→ TASK ITEM: From the data that follows, print exactly the lines starting at the one containing "-- apps/web/server/xcs/rate-limit.ts: how many requests" and ending at the one containing "get-set_other key other w [] h = rw h refl"; include both of them and nothing more.

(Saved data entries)

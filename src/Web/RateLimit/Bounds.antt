-- ===== src/Web/RateLimit/Bounds.antt =====
-- apps/web/server/xcs/rate-limit.ts: how many windows are kept, and in which order.
use xcs.Common.{
  ap, ℕ, suc, ◌+◌, ◌≤◌, ◌<◌, ◌≡◌, refl, Text, Bool, true, false, not, List, [], ◌∷◌, map, none,
  some, ltb, text_eq, filter, length, arith, Bool-cases, Option-cases, inl, inr,
}
use xcs.Web.RateLimit.{
  RouteRateLimit, Window, Windows, Limiter, is_past, without_past, prune, drop_oldest, make_room,
  get_window, set_window, open_window, counted, hit_window, pruned, hit, create_limiter, hour,
}

pub record Hit : Type 0 where
  pub key : Text
  pub limit : RouteRateLimit
  pub at : ℕ

module _ (max_windows : ℕ) where
  -- the limiter after hits, in their order
  unfoldable pub run_hits : List Hit → Limiter → Limiter
  unfolding hit
  run_hits [] limiter = limiter
  run_hits (h ∷ hits) limiter = run_hits hits (hit max_windows h.key h.limit h.at limiter).1

pub length-filter : (p : Text × Window → Bool) (ws : Windows) → length (filter p ws) ≤ length ws
length-filter p [] = omega arith
length-filter p (w ∷ ws) = elim (Bool-cases (p w)) [
  | inl e ↦ rw e (omega (arith, length-filter p ws))
  | inr e ↦ rw e (omega (arith, length-filter p ws))
]

length-drop_oldest : (most : ℕ) (ws : Windows) → 1 ≤ most → length (drop_oldest most ws) < most
unfolding drop_oldest
length-drop_oldest most [] h = omega arith
length-drop_oldest most (w ∷ ws) h = elim (Bool-cases (ltb (length (w ∷ ws)) most)) [
  | inl e ↦ rw e (small (length (w ∷ ws)) most e)
  | inr e ↦ rw e (length-drop_oldest most ws h)
]
  where
    small : (a b : ℕ) → ltb a b ≡ true → a < b
    small a b h = ground arith

length-make_room :
    (most current : ℕ) (ws : Windows) → 1 ≤ most → length (make_room most current ws) < most
unfolding make_room
length-make_room most current ws h = elim (Bool-cases (ltb (length ws) most)) [
  | inl e ↦ rw e (room_left (length ws) most e)
  | inr e ↦ rw e (length-drop_oldest most (without_past current ws) h)
]
  where
    room_left : (a b : ℕ) → ltb a b ≡ true → a < b
    room_left a b h = ground arith

pub length-set_window :
    (key : Text) (w : Window) (ws : Windows) → length (set_window key w ws) ≤ suc (length ws)
unfolding set_window
length-set_window key w [] = omega arith
length-set_window key w ((k, v) ∷ ws) = elim (Bool-cases (text_eq k key)) [
  | inl e ↦ rw e (omega arith)
  | inr e ↦ rw e (omega (arith, length-set_window key w ws))
]

-- a key that is there keeps its place
keys-set_window :
    (key : Text) (v w : Window) (ws : Windows)
    → get_window key ws ≡ some v
    → map (λ (e : Text × Window). e.0) (set_window key w ws) ≡ map (λ (e : Text × Window). e.0) ws
unfolding set_window get_window
keys-set_window key v w [] h = cc
keys-set_window key v w ((k, u) ∷ ws) h = elim (Bool-cases (text_eq k key)) [
  | inl e ↦ rw e refl
  | inr e ↦ rw e (ap (λ ks. k ∷ ks) (keys-set_window key v w ws (rw e at h)))
]

length-map : (ws : Windows) → length (map (λ (e : Text × Window). e.0) ws) ≡ length ws
length-map [] = refl
length-map (w ∷ ws) = omega (arith, length-map ws)

pub length-set_present :
    (key : Text) (v w : Window) (ws : Windows)
    → get_window key ws ≡ some v
    → length (set_window key w ws) ≡ length ws
unfolding set_window get_window
length-set_present key v w [] h = cc
length-set_present key v w ((k, u) ∷ ws) h = elim (Bool-cases (text_eq k key)) [
  | inl e ↦ rw e refl
  | inr e ↦ rw e (omega (arith, length-set_present key v w ws (rw e at h)))
]

pub length-pruned :
    (current : ℕ) (l : Limiter) → length (pruned current l).windows ≤ length l.windows
unfolding prune
length-pruned current l = elim (Bool-cases (ltb (l.last_prune + hour) current)) [
  | inl e ↦ rw e (length-filter (λ w. not (is_past current w)) l.windows)
  | inr e ↦ rw e (omega arith)
]

length-hit_window :
    (most : ℕ) (key : Text) (limit : RouteRateLimit) (current : ℕ) (ws : Windows)
    → 1 ≤ most
    → length ws ≤ most
    → length (hit_window most key limit current ws).1 ≤ most
unfolding hit_window
length-hit_window most key limit current ws h k = elim (Option-cases (get_window key ws)) [
  | inl absent ↦ rw absent (
      omega (
        arith,
        length-set_window key (counted (open_window none current limit))
            (make_room most current ws),
        length-make_room most current ws h,
      ))
  | inr (v, there) ↦ rw there (
      omega
        (arith, length-set_present key v (counted (open_window (some v) current limit)) ws there))
]

length-hit :
    (most : ℕ) (key : Text) (limit : RouteRateLimit) (current : ℕ) (l : Limiter)
    → 1 ≤ most
    → length l.windows ≤ most
    → length (hit most key limit current l).1.windows ≤ most
unfolding hit
length-hit most key limit current l h k =
    length-hit_window most key limit current (pruned current l).windows h
      (omega (arith, length-pruned current l))

run_hits-Bounded :
    (most : ℕ) (hits : List Hit) (l : Limiter)
    → 1 ≤ most
    → length l.windows ≤ most
    → length (run_hits most hits l).windows ≤ most
unfolding run_hits
run_hits-Bounded most [] l h k = k
run_hits-Bounded most (x ∷ hits) l h k =
    run_hits-Bounded most hits (hit most x.key x.limit x.at l).1 h
      (length-hit most x.key x.limit x.at l h k)

-- Whatever the hits, of whatever keys and at whatever times, a limiter that was created with a cap of
-- at least one window never keeps more windows than its cap.
pub length-run_hits :
    (most now : ℕ) (hits : List Hit)
    → 1 ≤ most
    → length (run_hits most hits (create_limiter now)).windows ≤ most
unfolding create_limiter
length-run_hits most now hits h = run_hits-Bounded most hits (create_limiter now) h (omega arith)

-- A hit on a key that has a window, when nothing is pruned, leaves the keys of the map in their order:
-- the key is not moved to the end.
pub hit-keys :
    (most : ℕ) (key : Text) (limit : RouteRateLimit) (current : ℕ) (l : Limiter) (v : Window)
    → get_window key l.windows ≡ some v
    → current ≤ l.last_prune + hour
    → map (λ (e : Text × Window). e.0) (hit most key limit current l).1.windows
      ≡ map (λ (e : Text × Window). e.0) l.windows
unfolding hit hit_window
hit-keys most key limit current l v there early = rw (not_yet (l.last_prune + hour) current early) (
    rw there (keys-set_window key v (counted (open_window (some v) current limit)) l.windows there))
  where
    not_yet : (a b : ℕ) → b ≤ a → ltb a b ≡ false
    not_yet a b h = ground arith
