-- ===== src/Web/RateLimit/Budget.antt =====
-- apps/web/server/xcs/rate-limit.ts: how many requests of a client are allowed within a window.
use mathlib.Core.Path.{subst}
use xcs.Common.{
  ap, sym, ◌∙◌, ℕ, suc, ◌+◌, ◌≤◌, ◌<◌, ◌≡◌, refl, max, Text, Bool, true, false, ◌&&◌, List, [], ◌∷◌,
  Option, none, some, ltb, leb, text_eq, text_eq_iff, text_eq_refl, if◌then◌else◌, length, arith,
  Bool-cases, Option-cases, inl, inr, ◌⊎◌, All,
}
use xcs.Web.RateLimit.{
  RouteRateLimit, Window, Windows, Limiter, without_past, prune, make_room, decide, get_window,
  set_window, open_window, counted, hit_window, pruned, hit, hour,
}
use xcs.Web.RateLimit.Bounds.{Hit, length-pruned, length-set_present, length-set_window}

get-set_same :
    (key : Text) (w : Window) (ws : Windows) → get_window key (set_window key w ws) ≡ some w
unfolding get_window set_window
get-set_same key w [] = rw (text_eq_refl key) refl
get-set_same key w ((k, v) ∷ ws) = elim (Bool-cases (text_eq k key)) [
  | inl e ↦ rw (e, e) refl
  | inr e ↦ rw (e, e) (get-set_same key w ws)
]

not_same : (a b c : Text) → text_eq a b ≡ true → text_eq b c ≡ false → text_eq a c ≡ false
not_same a b c h k = let e : a ≡ b = (text_eq_iff a b).0 h in rw e k

get-set_other :
    (key other : Text) (w : Window) (ws : Windows)
    → text_eq other key ≡ false
    → get_window key (set_window other w ws) ≡ get_window key ws
unfolding get_window set_window
get-set_other key other w [] h = rw h refl
get-set_other key other w ((k, v) ∷ ws) h = elim (Bool-cases (text_eq k other)) [
  | inl e ↦ rw (e, not_same k other key e h) refl
  | inr e ↦ elim (Bool-cases (text_eq k key)) [
    | inl f ↦ rw (e, f) refl
    | inr f ↦ rw (e, f) (get-set_other key other w ws h)
  ]
]

-- a window that is not past survives a pruning
get-without_past :
    (key : Text) (current : ℕ) (w : Window) (ws : Windows)
    → get_window key ws ≡ some w
    → current ≤ w.window_start + hour
    → get_window key (without_past current ws) ≡ some w
unfolding get_window
get-without_past key current w [] h k = cc
get-without_past key current w ((x, v) ∷ ws) h k = elim (Bool-cases (text_eq x key)) [
  | inl e ↦
      let same : v ≡ w = first v w (rw e at h) in
      rw (same, keeps (w.window_start + hour) current k) (rw e refl)
  | inr e ↦
      let below = get-without_past key current w ws (rw e at h) k in
      elim (Bool-cases (ltb (v.window_start + hour) current)) [
        | inl past ↦ rw past below
        | inr live ↦ rw live (rw e below)
      ]
]
  where
    first : (v w : Window) → ◌≡◌ {A = Option Window} (some v) (some w) → v ≡ w
    first v w h = cc

    keeps : (a b : ℕ) → b ≤ a → ltb a b ≡ false
    keeps a b h = ground arith

get-pruned :
    (key : Text) (current : ℕ) (w : Window) (l : Limiter)
    → get_window key l.windows ≡ some w
    → current ≤ w.window_start + hour
    → get_window key (pruned current l).windows ≡ some w
unfolding prune
get-pruned key current w l h k = elim (Bool-cases (ltb (l.last_prune + hour) current)) [
  | inl e ↦ rw e (get-without_past key current w l.windows h k)
  | inr e ↦ rw e h
]

still_open :
    (w : Window) (current : ℕ) (limit : RouteRateLimit)
    → current < w.window_start + limit.time_window_ms
    → open_window (some w) current limit ≡ w
unfolding open_window
still_open w current limit h = rw (not_over _ _ h) refl
  where
    not_over : (a b : ℕ) → b < a → leb a b ≡ false
    not_over a b h = ground arith

-- What a hit leaves of a key's window, and how many windows.
record Left (key : Text) (w : Window) (size : ℕ) (l : Limiter) : Type 0 where
  window : get_window key l.windows ≡ some w
  size_max : length l.windows ≤ size

own_hit :
    (most : ℕ) (key : Text) (limit : RouteRateLimit) (current : ℕ) (l : Limiter) (w : Window)
    → get_window key l.windows ≡ some w
    → current ≤ w.window_start + hour
    → current < w.window_start + limit.time_window_ms
    → ((hit most key limit current l).0.allowed ≡ leb (suc w.count) limit.max)
      × Left key (counted w) (length l.windows) (hit most key limit current l).1
unfolding hit hit_window decide
own_hit most key limit current l w there live in_time =
    let ws = (pruned current l).windows in
    let found = get-pruned key current w l there live in
    let same = still_open w current limit in_time in
    rw (found, same)
      (
        refl,
        record {
          window = get-set_same key (counted w) ws;
          size_max =
              omega (arith, length-set_present key w (counted w) ws found, length-pruned current l);
        },
      )

own_result :
    (most : ℕ) (key : Text) (x : Hit) (l : Limiter) (w : Window)
    → text_eq x.key key ≡ true
    → get_window key l.windows ≡ some w
    → x.at ≤ w.window_start + hour
    → x.at < w.window_start + x.limit.time_window_ms
    → ((hit most x.key x.limit x.at l).0.allowed ≡ leb (suc w.count) x.limit.max)
      × Left key (counted w) (length l.windows) (hit most x.key x.limit x.at l).1
own_result most key x l w own there live in_time =
    subst
      (λ k.
        ((hit most k x.limit x.at l).0.allowed ≡ leb (suc w.count) x.limit.max)
        × Left key (counted w) (length l.windows) (hit most k x.limit x.at l).1)
      (sym ((text_eq_iff x.key key).0 own)) (own_hit most key x.limit x.at l w there live in_time)

room_kept : (a b : ℕ) → a < b → ltb a b ≡ true
room_kept a b h = ground arith

other_hit :
    (most : ℕ) (key other : Text) (limit : RouteRateLimit) (current : ℕ) (l : Limiter) (w : Window)
    → text_eq other key ≡ false
    → get_window key l.windows ≡ some w
    → current ≤ w.window_start + hour
    → length l.windows < most
    → Left key w (suc (length l.windows)) (hit most other limit current l).1
unfolding hit hit_window make_room
other_hit most key other limit current l w apart there live room =
    let ws = (pruned current l).windows in
    let found = get-pruned key current w l there live in
    let size = length-pruned current l in
    let fits = room_kept (length ws) most (omega (arith, size)) in
    elim (Option-cases (get_window other ws)) [
      | inl absent ↦
          rw (absent, fits)
            record {
              window = rw (get-set_other key other _ ws apart) found;
              size_max = omega (
                arith,
                length-set_window other (counted (open_window none current limit)) ws,
                size,
              );
            }
      | inr (v, present) ↦ rw present record {
        window = rw (get-set_other key other _ ws apart) found;
        size_max = omega (
          arith,
          length-set_window other (counted (open_window (some v) current limit)) ws,
          size,
        );
      }
    ]

-- A hit comes within an hour of the start of the window, and one of the key within the window, with
-- the key's budget.
abbrev pub InWindow : Text → ℕ → ℕ → ℕ → Hit → Type 0
InWindow key most_hits start length_ms h =
    (h.at ≤ start + hour)
    × ((text_eq h.key key ≡ false)
        ⊎ ((h.limit.max ≡ most_hits)
            × (h.limit.time_window_ms ≡ length_ms)
            × (h.at < start + length_ms)))

module _ (max_windows : ℕ) (key : Text) where
  -- how many of the key's hits are allowed
  unfoldable pub allowed_hits : List Hit → Limiter → ℕ
  unfolding hit text_eq
  allowed_hits [] limiter = 0
  allowed_hits (h ∷ hits) limiter =
      let (decision, next) = hit max_windows h.key h.limit h.at limiter in
      let rest = allowed_hits hits next in
      if text_eq h.key key && decision.allowed then suc rest else rest

counts_on :
    (rest c m : ℕ)
    → rest + suc c ≤ max m (suc c)
    → (if leb (suc c) m then suc rest else rest) + c ≤ max m c
counts_on rest c m h = ground arith

own_step :
    (own allowed : Bool) (rest c m : ℕ)
    → own ≡ true
    → allowed ≡ leb (suc c) m
    → rest + suc c ≤ max m (suc c)
    → (if own && allowed then suc rest else rest) + c ≤ max m c
own_step own allowed rest c m e f h = rw (e, f) (counts_on rest c m h)

-- Within a window of a client no more requests are allowed than the budget's `max`, those that the
-- window has counted already included: for every sequence of hits that come within the window and
-- within an hour of its start, whatever hits of other clients come between, as long as the map has room
-- for all of them.
pub allowed_hits-Bounded :
    (max_windows : ℕ) (key : Text) (most_hits length_ms : ℕ) (hits : List Hit) (l : Limiter)
    (w : Window)
    → get_window key l.windows ≡ some w
    → All (InWindow key most_hits w.window_start length_ms) hits
    → length l.windows + length hits ≤ max_windows
    → allowed_hits max_windows key hits l + w.count ≤ max most_hits w.count
unfolding allowed_hits
allowed_hits-Bounded cap key m t [] l w there within room = omega arith
allowed_hits-Bounded cap key m t (h ∷ hits) l w there ((live, inl other), within) room =
    let left = other_hit cap key h.key h.limit h.at l w other there live (omega arith) in
    rw other (
      allowed_hits-Bounded cap key m t hits (hit cap h.key h.limit h.at l).1 w left.window within
        (omega (arith, left.size_max)))
allowed_hits-Bounded cap key m t (h ∷ hits) l w there ((live, inr (budget, span, in_time)), within)
      room =
    elim (Bool-cases (text_eq h.key key)) [
      | inr apart ↦
          let left = other_hit cap key h.key h.limit h.at l w apart there live (omega arith) in
          rw apart (
            allowed_hits-Bounded cap key m t hits (hit cap h.key h.limit h.at l).1 w left.window
              within (omega (arith, left.size_max)))
      | inl own ↦
          let (decision, left) = own_result cap key h l w own there live (rw span in_time) in
          own_step (text_eq h.key key) _ _ w.count m own
            (decision ∙ ap (λ n. leb (suc w.count) n) budget)
            (allowed_hits-Bounded cap key m t hits (hit cap h.key h.limit h.at l).1 (counted w)
              left.window within (omega (arith, left.size_max)))
    ]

→ ANSWER BOX:
-- apps/web/server/xcs/rate-limit.ts: how many requests of a client are allowed within a window.
use mathlib.Core.Path.{subst}
use xcs.Common.{
  ap, sym, ◌∙◌, ℕ, suc, ◌+◌, ◌≤◌, ◌<◌, ◌≡◌, refl, max, Text, Bool, true, false, ◌&&◌, List, [], ◌∷◌,
  Option, none, some, ltb, leb, text_eq, text_eq_iff, text_eq_refl, if◌then◌else◌, length, arith,
  Bool-cases, Option-cases, inl, inr, ◌⊎◌, All,
}
use xcs.Web.RateLimit.{
  RouteRateLimit, Window, Windows, Limiter, without_past, prune, make_room, decide, get_window,
  set_window, open_window, counted, hit_window, pruned, hit, hour,
}
use xcs.Web.RateLimit.Bounds.{Hit, length-pruned, length-set_present, length-set_window}

get-set_same :
    (key : Text) (w : Window) (ws : Windows) → get_window key (set_window key w ws) ≡ some w
unfolding get_window set_window
get-set_same key w [] = rw (text_eq_refl key) refl
get-set_same key w ((k, v) ∷ ws) = elim (Bool-cases (text_eq k key)) [
  | inl e ↦ rw (e, e) refl
  | inr e ↦ rw (e, e) (get-set_same key w ws)
]

not_same : (a b c : Text) → text_eq a b ≡ true → text_eq b c ≡ false → text_eq a c ≡ false
not_same a b c h k = let e : a ≡ b = (text_eq_iff a b).0 h in rw e k

get-set_other :
    (key other : Text) (w : Window) (ws : Windows)
    → text_eq other key ≡ false
    → get_window key (set_window other w ws) ≡ get_window key ws
unfolding get_window set_window
get-set_other key other w [] h = rw h refl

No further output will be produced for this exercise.